(Collection entries)
★ ★ ★ ★

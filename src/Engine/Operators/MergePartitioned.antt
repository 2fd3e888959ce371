-- ===== src/Engine/Operators/MergePartitioned.antt =====
-- src/engine/operators/merge_partitioned.rs: merging a further sorting column of two batches within
-- the groups of the columns before it. `left_rest` and `right_rest` stand for the indices `i` and
-- `j`, `a` and `b` for `i_max - i` and `j_max - j`; an index out of range, which panics, is `none`.
pub mod Replay
use locust_db.Prelude.{
  ℕ, zero, suc, ◌+◌, ◌-◌, ◌%◌, ◌^◌, Bool, true, false, Option, none, some, List, [], ◌∷◌, ◌++◌,
  ◌==◌, if◌then◌else◌,
}
use locust_db.Engine.Operators.Comparator.{Comparator}
use locust_db.Engine.Operators.Partition.{Premerge}

pub record Merging {ℓ} (T : Type ℓ) : Type ℓ where
  pub left_rest : List T
  pub right_rest : List T
  -- `i + j`
  pub taken : ℕ
  pub result : List T
  pub take_left : List ℕ

module _ {ℓ} {T : Type ℓ} (C : Comparator T) where
  -- `j == j_max || (i < i_max && C::cmp_eq(left[i], right[j]))`
  unfoldable pub left_next : (a b : ℕ) (l r : List T) → Option Bool
  left_next a zero l r = some true
  left_next zero (suc b) l r = some false
  left_next (suc a) (suc b) [] r = none
  left_next (suc a) (suc b) (x ∷ l) [] = none
  left_next (suc a) (suc b) (x ∷ l) (y ∷ r) = some (C.cmp_eq x y)

  abbrev pub push_left : Merging T → T → List T → Merging T
  push_left s x l = record s {
    left_rest = l;
    taken = s.taken + 1;
    result = s.result ++ x ∷ [];
    take_left = s.take_left ++ 1 ∷ [];
  }

  abbrev pub push_right : Merging T → T → List T → Merging T
  push_right s y r = record s {
    right_rest = r;
    taken = s.taken + 1;
    result = s.result ++ y ∷ [];
    take_left = s.take_left ++ 0 ∷ [];
  }

  -- The loop within one group, and whether it broke out of both loops.
  unfoldable pub group_loop : (rounds a b limit : ℕ) → Merging T → Option (Bool × Merging T)
  unfolding left_next
  group_loop zero a b limit s = some (false, s)
  group_loop (suc rounds) a b limit s = elim (left_next a b s.left_rest s.right_rest) [
    | none ↦ none
    | some true ↦ elim s.left_rest [
      | [] ↦ none
      | x ∷ l ↦
          let rest = group_loop rounds (a - 1) b limit (push_left s x l) in
          if s.taken + 1 == limit then some (true, push_left s x l) else rest
    ]
    | some false ↦ elim s.right_rest [
      | [] ↦ none
      | y ∷ r ↦
          let rest = group_loop rounds a (b - 1) limit (push_right s y r) in
          if s.taken + 1 == limit then some (true, push_right s y r) else rest
    ]
  ]

  unfoldable pub groups_loop : List Premerge → (limit : ℕ) → Merging T → Option (Merging T)
  unfolding group_loop
  groups_loop [] limit s = some s
  groups_loop (group ∷ partitioning) limit s =
      elim (group_loop ((group.left + group.right) % 2 ^ 32) group.left group.right limit s) [
        | none ↦ none
        | some (true, s') ↦ some s'
        | some (false, s') ↦ groups_loop partitioning limit s'
      ]

  unfoldable pub merge_partitioned :
      List Premerge → (left right : List T) (limit : ℕ) → Option (List T × List ℕ)
  unfolding groups_loop
  merge_partitioned partitioning left right limit =
      elim (groups_loop partitioning limit
        (record { left_rest = left; right_rest = right; taken = 0; result = []; take_left = [] })) [
          | none ↦ none
          | some s ↦ some (s.result, s.take_left)
        ]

★ ★ ★ ★

• _What the task asks_: If a line in the records above holds the string "false", copy it.

• _Solution to the exercise_:
  ℕ, zero, suc, ◌+◌, ◌-◌, ◌%◌, ◌^◌, Bool, true, false, Option, none, some, List, [], ◌∷◌, ◌++◌,
  left_next zero (suc b) l r = some false
  group_loop zero a b limit s = some (false, s)
    | some false ↦ elim s.right_rest [
        | some (false, s') ↦ groups_loop partitioning limit s'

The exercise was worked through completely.